Nice video, I did't know orange tarps were a thing.


----------



## astro (Apr 6, 2019)

With the new Yamaha you put the throttle lever in the start position(full choke) and crank it until it starts. Did the same in warmer weather.


----------



## Zavie (Sep 23, 2014)

astro said:


> With the new Yamaha you put the throttle lever in the start position(full choke) and crank it until it starts. Did the same in warmer weather.


Did it start the same in warmer weather as it does now, or easier? When you picked it up at the dealer it started fine?


----------



## orangputeh (Nov 24, 2016)

micah68kj said:


> When you engage the the choke are you able to see that the choke has actually closed? I'd check that.


+ 1 on this.


----------



## notabiker (Dec 14, 2018)

astro said:


> Checked the choke and it does close all the way. Seems like it just takes a long time for the fuel to get to the carb.



If no primer and if you have the carb entrance fairly clear of obstructions then you can just put a hand over it to seal it off when you first start cranking and then it should definitely suck more fuel in and "prime" the engine immediately. 

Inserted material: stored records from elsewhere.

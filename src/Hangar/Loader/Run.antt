-- ===== src/Hangar/Loader/Run.antt =====
-- pkg/hangar/loader.go: the loop over the lines, and `Run`. The workers run one after another here.
use mathlib.Core.Option
use image_tools.Destination.{or_default}
use image_tools.Hangar.Archive.Index.{Image, Index}
use image_tools.Hangar.ImageList.{ListType, default, detect}
use image_tools.Hangar.Layers.{new_layer_manager, clean_all}
use image_tools.Hangar.Loader.{LoaderOptions, archived_name}
use image_tools.Hangar.Loader.Worker.{LoadWorld, LoadRun, load_failed, load_worker}
use image_tools.Media.{SpecSet}
use image_tools.Prelude.{Option, none, some, List, [], ◌∷◌, lookup, insert, Result, ok, err, Text}
use image_tools.Types.{ImageError, copy_failed}
use image_tools.Utils.ImageName.{
  get_project_name, get_registry_name, get_image_name, get_image_tag, full_name,
}

-- The registry and the project that replace those of the lines.
pub record SourceNames : Type 0 where
  pub source_registry : Text
  pub source_project : Text

-- The name under which the archive is asked for the image of a line.
unfoldable pub wanted_name : SourceNames → Text → Text
unfolding full_name get_registry_name get_project_name get_image_name get_image_tag
wanted_name o line =
    full_name (or_default o.source_registry (get_registry_name line))
      (or_default o.source_project (get_project_name line)) (get_image_name line)
      (get_image_tag line)

-- `indexImageSet`
unfoldable pub index_image_set : List Image → List (Text × Image) → List (Text × Image)
unfolding insert
index_image_set [] known = known
index_image_set (image ∷ images) known =
    index_image_set images (insert (archived_name image) image known)

module _ {S : Type 0} (env : LoadWorld S) (set : SpecSet) where
  -- All images of an archive.
  unfoldable pub load_images : LoaderOptions → List Image → LoadRun S → Option (LoadRun S)
  unfolding load_worker
  load_images o [] st = some st
  load_images o (image ∷ images) st =
      Option.bind (load_worker env set o image st) (load_images o images)

  -- The image of a line, which may not be in the archive.
  unfoldable pub load_found : LoaderOptions → Text → Option Image → LoadRun S → Option (LoadRun S)
  unfolding load_worker load_failed
  load_found o line none st = some (load_failed line st)
  load_found o line (some image) st = load_worker env set o image st

  module _ (sources : SourceNames) (o : LoaderOptions) (known : List (Text × Image)) where
    -- Lines of another format are ignored.
    unfoldable pub load_line : ListType → Text → LoadRun S → Option (LoadRun S)
    unfolding load_found lookup wanted_name
    load_line default line st = load_found o line (lookup (wanted_name sources line) known) st
    load_line t line st = some st

    unfoldable pub load_lines : List Text → LoadRun S → Option (LoadRun S)
    unfolding load_line detect
    load_lines [] st = some st
    load_lines (line ∷ lines) st = Option.bind (load_line (detect line) line st) (load_lines lines)

  abbrev pub without_cache : LoadRun S → LoadRun S
  without_cache st = record st { layers = clean_all st.layers }

  -- `copy`: the lines, or all images if there are none; then the cache is deleted.
  unfoldable pub load_copy :
      SourceNames → LoaderOptions → Index → List Text → LoadRun S → Option (LoadRun S)
  unfolding load_lines load_images index_image_set clean_all
  load_copy sources o index [] st = Option.map without_cache (load_images o index.list st)
  load_copy sources o index (line ∷ lines) st =
      Option.map without_cache
        (load_lines sources o (index_image_set index.list []) (line ∷ lines) st)

  -- The error at the end of `Run` is that some image failed.
  unfoldable pub load_end : LoadRun S → List Text → Result ImageError (LoadRun S)
  load_end st [] = ok st
  load_end st (image ∷ images) = err copy_failed

  -- `NewLoader` and `Run`, for an archive with this index.
  unfoldable pub load_run :
      SourceNames → LoaderOptions → Index → List Text → S → Option (Result ImageError (LoadRun S))
  unfolding load_copy load_end new_layer_manager
  load_run sources o index lines world =
      Option.map (λ st. load_end st st.failed_image_set)
        (load_copy sources o index lines (record {
          layers = new_layer_manager env.encoded index;
          failed_image_set = [];
          world = world;
        }))
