-- ===== src/Hangar/Loader/Failed/Grown.antt =====
-- pkg/hangar/loader.go: the failed images along a run.
use mathlib.Core.Option
use image_tools.Destination.{Destination}
use image_tools.Destination.Queries.{manifest_images}
use image_tools.Hangar.Archive.Index.{ImageSpec, Image}
use image_tools.Hangar.Layers.{decompress_layer}
use image_tools.Hangar.Loader.{LoaderOptions, archived_name, merge_loaded}
use image_tools.Hangar.Loader.Run.{load_found}
use image_tools.Hangar.Loader.Worker.{
  LoadWorld, LoadRun, Loaded, skipped, loaded, not_loaded, load_failed, decompress_image_tmp,
  load_from, load_layers, load_extracted, clean_state, after_spec, load_specs, send_manifest,
  send_merged, finish_load, load_into, load_worker,
}
use image_tools.Manifest.{ManifestImage}
use image_tools.Manifest.Push.{push}
use image_tools.Media.{Descriptor, SpecSet}
use image_tools.Prelude.{
  ◌≡◌, inl, inr, true, Option, none, some, List, [], ◌∷◌, ◌++◌, arith, Bool-cases, has, has-mark,
  Holds, Holds-map, Holds-map_any, Result, ok, err, Text, is_empty,
}
use image_tools.Source.{Source}
use image_tools.Source.Single.{finish, copy_source}
use image_tools.Types.{
  ImageError, invalid_type, unsupported_mime, invalid_reference, fetch_failed, malformed,
  no_available_image, copy_failed,
}

abbrev pub IsGrown : {S : Type 0} → LoadRun S → LoadRun S → Type 0
IsGrown st st' = (k : Text) → has st.failed_image_set k ≡ true → has st'.failed_image_set k ≡ true

module _ {S : Type 0} (env : LoadWorld S) (set : SpecSet) where
  failed-IsGrown : (name : Text) (st : LoadRun S) → IsGrown st (load_failed name st)
  unfolding load_failed
  failed-IsGrown name st k h = ground (arith, has-mark name k st.failed_image_set)

  -- A state with the failed images of another.
  abbrev pub Keeps : LoadRun S → Loaded × LoadRun S → Type 0
  Keeps st (l, st') = IsGrown st st'

  load_from-Keeps :
      (d : Destination) (img : ImageSpec) (r : Result ImageError Source) (st : LoadRun S)
      → Holds (Keeps st) (load_from env set d img r st)
  unfolding load_from
  load_from-Keeps d img (err e) st = λ k h. h
  load_from-Keeps d img (ok s) st =
      Holds-map_any (Keeps st) (copy_source env.remote (env.inspector st.world) set d s st.world) _
        (λ c k h. h)

  load_layers-Keeps :
      (d : Destination) (img : ImageSpec) (directory : Text) (st : LoadRun S)
      → Holds (Keeps st) (load_layers env set d img directory st)
  unfolding load_layers
  load_layers-Keeps d img directory st =
      elim (Bool-cases (decompress_layer env.encoded (env.extract st.world) img st.layers).1) [
        | inl e ↦ rw e (load_from-Keeps d img _ _)
        | inr e ↦ rw e (λ k h. h)
      ]

  load_extracted-Keeps :
      (d : Destination) (img : ImageSpec) (r : Result ImageError Text) (after : S) (st : LoadRun S)
      → Holds (Keeps st) (load_extracted env set d img (r, after) st)
  unfolding load_extracted
  load_extracted-Keeps d img r after st =
      elim r as (λ r. Holds (Keeps st) (load_extracted env set d img (r, after) st)) [
        | ok directory ↦ load_layers-Keeps d img directory (record st { world = after })
        | err no_available_image ↦ λ k h. h
        | err invalid_type ↦ λ k h. h
        | err (unsupported_mime mime) ↦ λ k h. h
        | err invalid_reference ↦ λ k h. h
        | err (fetch_failed f) ↦ λ k h. h
        | err malformed ↦ λ k h. h
        | err copy_failed ↦ λ k h. h
      ]

  -- What a continuation keeps.
  abbrev pub KeepsAll : (List ManifestImage → LoadRun S → Option (LoadRun S)) → Type 0
  KeepsAll f = (images : List ManifestImage) (st : LoadRun S) → Holds (IsGrown st) (f images st)

  rest-IsGrown :
      (img : ImageSpec) (st after : LoadRun S) (o : Option (LoadRun S))
      → IsGrown st after
      → Holds (IsGrown after) o
      → Holds (IsGrown st) (Option.map (clean_state env set img) o)
  rest-IsGrown img st after o h k =
      Holds-map (IsGrown after) (IsGrown st) o (clean_state env set img) k
        (λ last g j e. g j (h j e))

  after_spec-IsGrown :
      (name : Text) (img : ImageSpec) (rest : List ManifestImage → LoadRun S → Option (LoadRun S))
      (images : List ManifestImage) (st : LoadRun S) (o : Option (Loaded × LoadRun S))
      → KeepsAll rest
      → Holds (Keeps st) o
      → Holds (IsGrown st) (after_spec env set name img rest images o)
  unfolding after_spec
  after_spec-IsGrown name img rest images st none k h = tt
  after_spec-IsGrown name img rest images st (some (not_loaded e, after)) k h =
      λ j held. failed-IsGrown name after j (h j held)
  after_spec-IsGrown name img rest images st (some (skipped, after)) k h =
      rest-IsGrown img st after (rest images after) h (k images after)
  after_spec-IsGrown name img rest images st (some (loaded mi, after)) k h =
      rest-IsGrown img st after (rest (images ++ mi ∷ []) after) h (k (images ++ mi ∷ []) after)

  load_specs-IsGrown :
      (name : Text) (d : Destination) (finish : List ManifestImage → LoadRun S → Option (LoadRun S))
      (specs : List ImageSpec)
      → KeepsAll finish
      → KeepsAll (load_specs env set name d finish specs)
  unfolding load_specs
  load_specs-IsGrown name d finish [] k images st = k images st
  load_specs-IsGrown name d finish (img ∷ specs) k images st =
      let rest = load_specs-IsGrown name d finish specs k in
      let (r, after) = decompress_image_tmp env set img st.world in
      elim (Bool-cases (is_empty img.digest)) [
        | inl e ↦ rw e (rest images st)
        | inr e ↦ rw e (
            after_spec-IsGrown name img (load_specs env set name d finish specs) images st _ rest
              (load_extracted-Keeps d img r after st))
      ]

  send_manifest-IsGrown :
      (name : Text) (d : Destination) (r : Result ImageError (List Descriptor)) (st : LoadRun S)
      → IsGrown st (send_manifest env set name d r st)
  unfolding send_manifest
  send_manifest-IsGrown name d (err e) st = failed-IsGrown name st
  send_manifest-IsGrown name d (ok l) st =
      elim (Bool-cases (env.send st.world d.reference_name l).0) [
        | inl e ↦ rw e (λ k h. h)
        | inr e ↦ rw e (failed-IsGrown name st)
      ]

  send_merged-IsGrown :
      (name : Text) (d : Destination) (r : Result ImageError (Option (List ManifestImage)))
      (st : LoadRun S)
      → IsGrown st (send_merged env set name d r st)
  unfolding send_merged
  send_merged-IsGrown name d (err e) st = failed-IsGrown name st
  send_merged-IsGrown name d (ok none) st = λ k h. h
  send_merged-IsGrown name d (ok (some images)) st = send_manifest-IsGrown name d (push images) st

  load_into-IsGrown :
      (name : Text) (specs : List ImageSpec) (r : Result ImageError Destination) (st : LoadRun S)
      → Holds (IsGrown st) (load_into env set name specs r st)
  unfolding load_into finish_load
  load_into-IsGrown name specs (err e) st = failed-IsGrown name st
  load_into-IsGrown name specs (ok d) st =
      load_specs-IsGrown name d (finish_load env set name d) specs
        (λ new st'.
          Holds-map_any (IsGrown st') (manifest_images d) _
            (λ old. send_merged-IsGrown name d (merge_loaded old new) st'))
        [] st

  pub load_found-IsGrown :
      (o : LoaderOptions) (line : Text) (found : Option Image) (st : LoadRun S)
      → Holds (IsGrown st) (load_found env set o line found st)
  unfolding load_found load_worker
  load_found-IsGrown o line none st = failed-IsGrown line st
  load_found-IsGrown o line (some image) st =
      load_into-IsGrown (archived_name image) image.images _ st
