-- ===== src/Hangar/Loader/Failed.antt =====
-- pkg/hangar/loader.go: lines that name no image of the archive.
pub mod Grown
use mathlib.Core.Option
use image_tools.Hangar.Loader.Failed.Grown.{IsGrown, load_found-IsGrown}
use image_tools.Hangar.Archive.Index.{Image, Index}
use image_tools.Hangar.ImageList.{ListType, unknown, mirror, default, detect}
use image_tools.Hangar.Layers.{new_layer_manager}
use image_tools.Hangar.Loader.{LoaderOptions, archived_name}
use image_tools.Hangar.Loader.Run.{
  SourceNames, wanted_name, index_image_set, load_found, load_line, load_lines, without_cache,
  load_copy, load_end, load_run,
}
use image_tools.Hangar.Loader.Worker.{LoadWorld, LoadRun, load_failed}
use image_tools.Media.{SpecSet}
use image_tools.Prelude.{
  ◌≡◌, refl, sym, subst, inl, inr, true, false, Option, none, some, List, [], ◌∷◌, arith,
  Bool-cases, has, has-mark, lookup, insert, lookup-insert, Holds, Holds-map, Holds-bind,
  Holds-weaken, All, err, Text, ◌==◌, ==_refl, ==_eq,
}
use image_tools.Types.{copy_failed}

module _ {S : Type 0} (env : LoadWorld S) (set : SpecSet) where
  module _ (sources : SourceNames) (o : LoaderOptions) (known : List (Text × Image)) where
    load_line-IsGrown :
        (t : ListType) (line : Text) (st : LoadRun S)
        → Holds (IsGrown st) (load_line env set sources o known t line st)
    unfolding load_line
    load_line-IsGrown default line st = load_found-IsGrown env set o line _ st
    load_line-IsGrown mirror line st = λ k h. h
    load_line-IsGrown unknown line st = λ k h. h

    abbrev pub HasFailed : Text → LoadRun S → Type 0
    HasFailed line st = has st.failed_image_set line ≡ true

    -- A line of an unknown image fails.
    missing_fails :
        (line : Text) (st : LoadRun S)
        → detect line ≡ default
        → lookup (wanted_name sources line) known ≡ none
        → Holds (HasFailed line) (load_line env set sources o known (detect line) line st)
    unfolding load_line load_found load_failed
    missing_fails line st ed e =
        rw (ed, e) (ground (arith, has-mark line line st.failed_image_set, ==_refl line))

    bind-HasFailed :
        (line : Text) (lines : List Text) (r : Option (LoadRun S))
        → Holds (HasFailed line) r
        → ((st : LoadRun S)
            → HasFailed line st
            → Holds (HasFailed line) (load_lines env set sources o known lines st))
        → Holds (HasFailed line) (Option.bind r (load_lines env set sources o known lines))
    unfolding Option.bind
    bind-HasFailed line lines none h k = tt
    bind-HasFailed line lines (some st) h k = k st h

    stays-HasFailed :
        (line : Text) (lines : List Text) (st : LoadRun S)
        → HasFailed line st
        → Holds (HasFailed line) (load_lines env set sources o known lines st)
    unfolding load_lines
    stays-HasFailed line [] st h = h
    stays-HasFailed line (l ∷ lines) st h =
        bind-HasFailed line lines (load_line env set sources o known (detect l) l st)
          (Holds-weaken (load_line env set sources o known (detect l) l st)
            (λ after grown. grown line h) (load_line-IsGrown (detect l) l st))
          (stays-HasFailed line lines)

    load_lines-HasFailed :
        (line : Text) (lines : List Text) (st : LoadRun S)
        → has lines line ≡ true
        → detect line ≡ default
        → lookup (wanted_name sources line) known ≡ none
        → Holds (HasFailed line) (load_lines env set sources o known lines st)
    unfolding load_lines has
    load_lines-HasFailed line [] st h ed e = ground arith
    load_lines-HasFailed line (l ∷ lines) st h ed e = elim (Bool-cases (l == line)) [
      | inl same ↦
          bind-HasFailed line lines (load_line env set sources o known (detect l) l st)
            (subst (λ x. Holds (HasFailed line) (load_line env set sources o known (detect x) x st))
              (sym (==_eq same)) (missing_fails line st ed e))
            (stays-HasFailed line lines)
      | inr differs ↦
          Holds-bind (HasFailed line) (load_line env set sources o known (detect l) l st)
            (load_lines env set sources o known lines)
            (λ after. load_lines-HasFailed line lines after (ground arith) ed e)
    ]

-- A name that no image of an archive has is not in its map.
lookup-index_image_set :
    (name : Text) (images : List Image) (known : List (Text × Image))
    → All (λ image. (archived_name image == name) ≡ false) images
    → lookup name known ≡ none
    → lookup name (index_image_set images known) ≡ none
unfolding index_image_set
lookup-index_image_set name [] known h e = e
lookup-index_image_set name (image ∷ images) known (hi, h) e =
    lookup-index_image_set name images (insert (archived_name image) image known) h
      (rw (lookup-insert (archived_name image) name image known, hi) e)

load_end-failed :
    {S : Type 0} (env : LoadWorld S) (set : SpecSet) (line : Text) (st : LoadRun S)
    (names : List Text)
    → has names line ≡ true
    → load_end env set st names ≡ err copy_failed
unfolding load_end has
load_end-failed env set line st [] h = ground arith
load_end-failed env set line st (name ∷ names) h = refl

-- When a line of the default format names an image that no image of the archive is named, the run of
-- a loader over lines with this line returns an error, unless the process panics.
pub load_run-failed :
    {S : Type 0} (env : LoadWorld S) (set : SpecSet) (sources : SourceNames) (o : LoaderOptions)
    (index : Index) (lines : List Text) (line : Text) (world : S)
    → has lines line ≡ true
    → detect line ≡ default
    → All (λ image. (archived_name image == wanted_name sources line) ≡ false) index.list
    → Holds (λ r. r ≡ err copy_failed) (load_run env set sources o index lines world)
unfolding load_run load_copy has lookup
load_run-failed env set sources o index [] line world h ed missing = ground arith
load_run-failed {S} env set sources o index (l ∷ lines) line world h ed missing =
    let known = index_image_set index.list [] in
    let initial : LoadRun S = record {
      layers = new_layer_manager env.encoded index;
      failed_image_set = [];
      world = world;
    } in
    Holds-map (HasFailed env set sources o known line) (λ r. r ≡ err copy_failed) _ _
      (Holds-map (HasFailed env set sources o known line) (HasFailed env set sources o known line)
        (load_lines env set sources o known (l ∷ lines) initial) (without_cache env set)
        (load_lines-HasFailed env set sources o known line (l ∷ lines) initial h ed
          (lookup-index_image_set (wanted_name sources line) index.list [] missing refl))
        (λ st e. e))
      (λ st e. load_end-failed env set line st st.failed_image_set e)
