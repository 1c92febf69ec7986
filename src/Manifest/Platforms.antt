-- ===== src/Manifest/Platforms.antt =====
-- pkg/manifest/struct.go: the comparisons are equality of platforms, and of digest and platform.
use image_tools.Manifest.{ManifestPlatform, features_equal, platform_equal}
use image_tools.Prelude.{◌≡◌, refl, ◌↔◌, true, List, [], ◌∷◌, arith, Text, ==_iff}

features_equal_iff : (ps ds : List Text) → (features_equal ps ds ≡ true) ↔ (ps ≡ ds)
unfolding features_equal
features_equal_iff [] [] = (λ _. refl, λ _. refl)
features_equal_iff [] (d ∷ ds) = ground arith
features_equal_iff (p ∷ ps) [] = ground arith
features_equal_iff (p ∷ ps) (d ∷ ds) = ground (arith, ==_iff p d, features_equal_iff ps ds)

-- Two platforms compare equal just when they are equal in all five fields.
pub platform_equal_iff : (p d : ManifestPlatform) → (platform_equal p d ≡ true) ↔ (p ≡ d)
unfolding platform_equal
platform_equal_iff p d = ground (
  arith,
  ==_iff p.arch d.arch,
  ==_iff p.os d.os,
  ==_iff p.variant d.variant,
  ==_iff p.os_version d.os_version,
  features_equal_iff p.os_features d.os_features,
)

Also wondering if perhaps the valves are not properly clearanced or the ignition or valve timing is off. 



I'd definitely take it back to the dealer and have them test another machine of the same model and see how it starts. Heck, I could start my old low compression 5hp B&S in three to five pulls in the winter.


----------



## Zavie (Sep 23, 2014)

I'd call the service department at the dealership you purchased and let them know your issue. Being you are in the US seems inconvenient to cart it back to Canada for service. Most likely they will get you on the right track.


----------



## RC20 (Dec 4, 2019)

> u can just spray carb/brake cleaner first



I am surprised people suggest that. Really not a good idea. Yea we did it with diesels back in the day but last resort emergency. 



Certainly sounds like an issue and agree on contacting service dept and or be sure to follow the manual exactly. 



I have contemplated adding a pad heater to my YT624, but there is no place to attach it unless I pull the engine off and get to the very bottom. As it starts 3rd pull even really cold and 2nd if its been run recently I chug along. 



I do run Mobile 4T in it as its out in the shed and at time -10 F when I need it.


----------



## Oneacer (Jan 3, 2011)

I would imagine you should be using a 5W30 Full Synthetic, as that is what I would use.

What viscosity does your manual recommend?

While your in your manual, see what it says about a primer when starting in cold weather, as it is a snowblower after all. I have never seen a blower without a primer, whether it is manual or push button plunger.


----------



## tadawson (Jan 3, 2018)

Our old 10000 series Ariens with a 7 HP Tec L head didn't have one. Choke was enough (as it is with current engines, at leastwith electric start). Throttle to full, choke off, hit the starter. When cranking, close the choke until it fires and then back off 1 click. Never failed to start in a second or less. (Same works on my current machine without the primer). Without electric, it was just throttle off, choke on, 2 or 3 pulls to prime, throttle on and start. Can't really say I have ever missed having one . . .


----------



## RC20 (Dec 4, 2019)

> it shouldnt matter.
> my +30yr old blower starts on first pull.....if its primed and choke is on full



I think my brother had that model, what a monstrosity. Unstoppable. 



Never had one do a one pull start under those conditions, 2 if its been run and that is inside a shed.


----------